### MATERIAL FOR THIS TASK

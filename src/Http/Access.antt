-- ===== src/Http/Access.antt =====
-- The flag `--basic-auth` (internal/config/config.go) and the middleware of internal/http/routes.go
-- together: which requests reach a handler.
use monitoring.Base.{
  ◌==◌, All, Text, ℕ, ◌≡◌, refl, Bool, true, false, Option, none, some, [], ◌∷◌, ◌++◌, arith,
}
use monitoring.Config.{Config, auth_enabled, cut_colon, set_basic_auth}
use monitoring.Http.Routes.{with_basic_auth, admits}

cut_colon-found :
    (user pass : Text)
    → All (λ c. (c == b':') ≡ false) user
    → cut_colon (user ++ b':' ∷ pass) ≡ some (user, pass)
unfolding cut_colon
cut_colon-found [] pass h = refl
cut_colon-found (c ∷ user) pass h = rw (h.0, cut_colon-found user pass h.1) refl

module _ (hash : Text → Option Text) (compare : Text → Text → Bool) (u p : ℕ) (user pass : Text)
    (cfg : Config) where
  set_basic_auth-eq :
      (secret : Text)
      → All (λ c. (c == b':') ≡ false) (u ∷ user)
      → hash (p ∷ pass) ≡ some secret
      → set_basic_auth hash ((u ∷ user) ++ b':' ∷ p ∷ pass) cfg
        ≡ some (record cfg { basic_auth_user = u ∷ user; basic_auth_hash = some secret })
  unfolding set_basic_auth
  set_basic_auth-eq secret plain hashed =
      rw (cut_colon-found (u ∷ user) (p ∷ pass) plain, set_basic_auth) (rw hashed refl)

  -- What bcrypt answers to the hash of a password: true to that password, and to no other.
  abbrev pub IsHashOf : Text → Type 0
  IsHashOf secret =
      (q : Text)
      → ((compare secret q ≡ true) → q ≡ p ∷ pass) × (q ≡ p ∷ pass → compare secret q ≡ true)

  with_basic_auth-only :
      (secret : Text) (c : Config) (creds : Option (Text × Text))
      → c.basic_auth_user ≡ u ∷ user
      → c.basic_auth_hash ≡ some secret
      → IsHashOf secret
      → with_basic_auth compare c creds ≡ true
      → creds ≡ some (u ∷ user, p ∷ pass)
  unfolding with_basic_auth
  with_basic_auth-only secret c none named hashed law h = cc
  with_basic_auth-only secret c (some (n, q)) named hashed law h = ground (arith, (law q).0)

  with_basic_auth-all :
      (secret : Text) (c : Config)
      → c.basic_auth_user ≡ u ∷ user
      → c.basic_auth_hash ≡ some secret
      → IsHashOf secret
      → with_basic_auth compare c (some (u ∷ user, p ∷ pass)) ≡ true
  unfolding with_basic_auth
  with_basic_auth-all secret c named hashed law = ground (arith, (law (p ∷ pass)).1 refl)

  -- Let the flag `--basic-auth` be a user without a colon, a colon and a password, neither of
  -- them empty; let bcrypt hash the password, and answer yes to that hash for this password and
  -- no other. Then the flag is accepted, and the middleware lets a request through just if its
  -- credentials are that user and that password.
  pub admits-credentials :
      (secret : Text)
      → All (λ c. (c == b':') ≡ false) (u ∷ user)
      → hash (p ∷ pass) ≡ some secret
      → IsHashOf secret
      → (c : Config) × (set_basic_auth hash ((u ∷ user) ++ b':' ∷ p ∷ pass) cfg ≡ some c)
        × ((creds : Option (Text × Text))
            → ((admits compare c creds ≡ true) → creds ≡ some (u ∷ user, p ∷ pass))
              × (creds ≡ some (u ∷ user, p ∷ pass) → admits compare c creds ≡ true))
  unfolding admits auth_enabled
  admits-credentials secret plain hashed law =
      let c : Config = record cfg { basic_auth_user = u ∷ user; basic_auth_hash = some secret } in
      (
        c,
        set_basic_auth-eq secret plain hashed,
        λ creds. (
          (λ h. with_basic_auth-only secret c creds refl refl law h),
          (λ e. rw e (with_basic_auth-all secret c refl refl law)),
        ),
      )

######
### MATERIAL FOR THIS TASK

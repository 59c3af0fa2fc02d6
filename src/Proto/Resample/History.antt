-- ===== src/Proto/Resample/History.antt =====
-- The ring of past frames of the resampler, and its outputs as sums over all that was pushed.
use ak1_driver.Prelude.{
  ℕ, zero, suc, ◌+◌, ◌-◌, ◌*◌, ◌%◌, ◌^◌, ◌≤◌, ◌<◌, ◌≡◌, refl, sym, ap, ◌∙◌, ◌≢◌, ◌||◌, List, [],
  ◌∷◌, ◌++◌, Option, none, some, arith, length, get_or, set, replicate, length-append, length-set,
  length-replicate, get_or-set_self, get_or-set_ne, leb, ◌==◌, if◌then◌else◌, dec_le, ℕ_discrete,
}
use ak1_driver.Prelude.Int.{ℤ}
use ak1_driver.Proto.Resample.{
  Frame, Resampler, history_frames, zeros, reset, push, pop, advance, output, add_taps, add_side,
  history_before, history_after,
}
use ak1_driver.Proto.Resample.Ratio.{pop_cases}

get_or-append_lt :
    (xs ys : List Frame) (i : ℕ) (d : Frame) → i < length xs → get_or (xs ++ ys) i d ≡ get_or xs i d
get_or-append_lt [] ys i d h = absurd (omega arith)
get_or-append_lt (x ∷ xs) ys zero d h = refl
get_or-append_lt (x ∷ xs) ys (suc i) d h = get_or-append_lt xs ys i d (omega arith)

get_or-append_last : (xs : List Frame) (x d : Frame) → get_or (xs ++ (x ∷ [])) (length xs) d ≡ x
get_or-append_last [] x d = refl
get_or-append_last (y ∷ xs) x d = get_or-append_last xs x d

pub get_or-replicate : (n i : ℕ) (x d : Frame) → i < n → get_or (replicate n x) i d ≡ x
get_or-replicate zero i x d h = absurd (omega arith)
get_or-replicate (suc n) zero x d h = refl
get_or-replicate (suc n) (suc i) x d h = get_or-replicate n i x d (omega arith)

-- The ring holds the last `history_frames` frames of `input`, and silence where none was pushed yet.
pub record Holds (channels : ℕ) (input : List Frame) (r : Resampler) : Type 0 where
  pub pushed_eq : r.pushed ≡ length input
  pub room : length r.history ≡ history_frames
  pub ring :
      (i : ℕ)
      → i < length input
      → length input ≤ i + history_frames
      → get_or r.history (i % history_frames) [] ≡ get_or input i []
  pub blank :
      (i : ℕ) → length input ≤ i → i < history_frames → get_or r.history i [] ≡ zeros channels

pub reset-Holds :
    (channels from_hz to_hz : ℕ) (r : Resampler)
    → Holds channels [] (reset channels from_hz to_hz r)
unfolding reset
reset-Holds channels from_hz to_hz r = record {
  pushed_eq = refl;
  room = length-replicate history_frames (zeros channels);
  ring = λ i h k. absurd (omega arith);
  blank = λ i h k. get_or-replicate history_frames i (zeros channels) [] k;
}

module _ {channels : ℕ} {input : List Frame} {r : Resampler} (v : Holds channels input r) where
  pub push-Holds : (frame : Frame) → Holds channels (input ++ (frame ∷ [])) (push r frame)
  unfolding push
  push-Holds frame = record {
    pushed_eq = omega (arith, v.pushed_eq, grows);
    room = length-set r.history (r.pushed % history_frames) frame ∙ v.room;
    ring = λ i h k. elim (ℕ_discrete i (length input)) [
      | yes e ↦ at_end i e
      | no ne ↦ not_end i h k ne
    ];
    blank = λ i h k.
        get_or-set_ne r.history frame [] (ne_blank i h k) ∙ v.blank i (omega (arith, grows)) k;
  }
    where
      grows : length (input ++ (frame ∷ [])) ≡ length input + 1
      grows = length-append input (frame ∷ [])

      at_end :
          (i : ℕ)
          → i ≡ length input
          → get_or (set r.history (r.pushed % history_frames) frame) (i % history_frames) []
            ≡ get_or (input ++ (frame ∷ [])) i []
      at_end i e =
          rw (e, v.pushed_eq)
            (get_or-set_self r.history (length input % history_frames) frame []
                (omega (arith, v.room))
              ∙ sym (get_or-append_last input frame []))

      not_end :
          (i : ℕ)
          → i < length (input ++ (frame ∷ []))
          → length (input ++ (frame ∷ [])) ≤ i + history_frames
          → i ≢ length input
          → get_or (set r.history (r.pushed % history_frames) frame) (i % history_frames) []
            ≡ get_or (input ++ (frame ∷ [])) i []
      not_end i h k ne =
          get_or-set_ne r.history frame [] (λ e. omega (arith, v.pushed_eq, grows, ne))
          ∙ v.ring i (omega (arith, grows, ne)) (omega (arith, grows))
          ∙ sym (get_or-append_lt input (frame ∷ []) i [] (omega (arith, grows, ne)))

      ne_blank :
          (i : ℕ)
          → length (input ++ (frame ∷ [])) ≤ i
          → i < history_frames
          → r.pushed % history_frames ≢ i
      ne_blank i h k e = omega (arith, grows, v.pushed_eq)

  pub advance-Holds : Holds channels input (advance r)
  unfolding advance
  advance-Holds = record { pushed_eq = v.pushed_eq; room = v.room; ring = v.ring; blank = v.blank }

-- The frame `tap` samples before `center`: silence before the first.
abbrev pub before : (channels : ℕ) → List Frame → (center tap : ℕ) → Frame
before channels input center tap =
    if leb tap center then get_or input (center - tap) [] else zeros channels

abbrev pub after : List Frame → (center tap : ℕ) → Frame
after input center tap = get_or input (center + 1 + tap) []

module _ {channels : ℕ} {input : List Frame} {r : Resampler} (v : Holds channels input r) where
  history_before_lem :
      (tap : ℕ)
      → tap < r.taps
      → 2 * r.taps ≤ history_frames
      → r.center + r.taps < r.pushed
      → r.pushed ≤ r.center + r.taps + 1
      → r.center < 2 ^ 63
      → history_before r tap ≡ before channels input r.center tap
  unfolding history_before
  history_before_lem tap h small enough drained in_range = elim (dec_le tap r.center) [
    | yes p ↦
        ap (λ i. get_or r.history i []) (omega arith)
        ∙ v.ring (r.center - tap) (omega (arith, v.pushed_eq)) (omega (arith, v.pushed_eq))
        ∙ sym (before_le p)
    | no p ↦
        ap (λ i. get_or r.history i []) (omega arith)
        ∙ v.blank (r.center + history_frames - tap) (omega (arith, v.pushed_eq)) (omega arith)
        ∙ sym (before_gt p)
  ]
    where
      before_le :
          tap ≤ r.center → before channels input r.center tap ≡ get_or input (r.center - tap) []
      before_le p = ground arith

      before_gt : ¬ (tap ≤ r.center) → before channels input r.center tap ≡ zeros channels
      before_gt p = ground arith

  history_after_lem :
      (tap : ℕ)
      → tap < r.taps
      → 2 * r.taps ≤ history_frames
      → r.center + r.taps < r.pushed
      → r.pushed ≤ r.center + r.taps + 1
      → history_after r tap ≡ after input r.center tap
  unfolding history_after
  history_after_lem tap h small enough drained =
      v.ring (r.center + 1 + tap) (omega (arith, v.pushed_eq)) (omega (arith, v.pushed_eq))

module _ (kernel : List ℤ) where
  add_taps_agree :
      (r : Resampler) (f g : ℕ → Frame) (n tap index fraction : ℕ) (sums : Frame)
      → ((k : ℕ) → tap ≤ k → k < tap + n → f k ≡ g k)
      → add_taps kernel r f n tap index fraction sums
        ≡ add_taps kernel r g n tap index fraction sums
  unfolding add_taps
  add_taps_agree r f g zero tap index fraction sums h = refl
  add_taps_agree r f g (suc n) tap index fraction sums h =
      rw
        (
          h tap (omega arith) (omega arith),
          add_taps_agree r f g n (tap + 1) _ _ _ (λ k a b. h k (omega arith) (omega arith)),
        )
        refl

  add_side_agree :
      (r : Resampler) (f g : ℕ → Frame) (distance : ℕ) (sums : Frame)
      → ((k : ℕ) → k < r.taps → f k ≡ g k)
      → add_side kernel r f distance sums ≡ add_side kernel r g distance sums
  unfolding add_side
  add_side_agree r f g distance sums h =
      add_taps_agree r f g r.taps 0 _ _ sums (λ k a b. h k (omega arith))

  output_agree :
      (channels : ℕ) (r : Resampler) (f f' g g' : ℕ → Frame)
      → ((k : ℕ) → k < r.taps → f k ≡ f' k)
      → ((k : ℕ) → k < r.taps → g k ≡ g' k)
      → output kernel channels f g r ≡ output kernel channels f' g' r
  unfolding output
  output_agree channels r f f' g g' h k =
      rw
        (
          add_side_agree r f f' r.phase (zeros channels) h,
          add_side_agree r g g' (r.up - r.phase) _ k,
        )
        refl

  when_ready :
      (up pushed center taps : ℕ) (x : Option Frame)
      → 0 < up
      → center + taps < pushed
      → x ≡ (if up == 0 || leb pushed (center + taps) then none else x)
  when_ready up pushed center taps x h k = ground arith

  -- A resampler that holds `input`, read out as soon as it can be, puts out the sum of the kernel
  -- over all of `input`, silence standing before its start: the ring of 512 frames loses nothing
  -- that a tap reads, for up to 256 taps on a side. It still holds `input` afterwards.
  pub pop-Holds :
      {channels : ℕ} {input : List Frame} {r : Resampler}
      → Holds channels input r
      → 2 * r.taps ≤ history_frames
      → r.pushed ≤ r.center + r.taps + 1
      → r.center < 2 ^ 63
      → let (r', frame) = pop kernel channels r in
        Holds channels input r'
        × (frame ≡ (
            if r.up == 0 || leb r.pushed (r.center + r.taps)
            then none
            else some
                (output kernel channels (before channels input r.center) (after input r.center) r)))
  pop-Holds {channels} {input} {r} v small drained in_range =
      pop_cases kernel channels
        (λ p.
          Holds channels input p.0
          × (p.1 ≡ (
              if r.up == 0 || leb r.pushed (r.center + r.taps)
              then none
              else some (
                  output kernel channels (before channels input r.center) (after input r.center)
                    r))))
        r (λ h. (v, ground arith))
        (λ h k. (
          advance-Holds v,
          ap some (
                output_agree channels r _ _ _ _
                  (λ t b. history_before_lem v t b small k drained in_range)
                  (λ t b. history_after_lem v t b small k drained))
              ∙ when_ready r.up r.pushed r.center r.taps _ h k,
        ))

######

Scan the listing for "advance" and copy out each line that has it.

» **EXERCISE SOLUTION**:
  Frame, Resampler, history_frames, zeros, reset, push, pop, advance, output, add_taps, add_side,
  pub advance-Holds : Holds channels input (advance r)
  unfolding advance
  advance-Holds = record { pushed_eq = v.pushed_eq; room = v.room; ring = v.ring; blank = v.blank }
          advance-Holds v,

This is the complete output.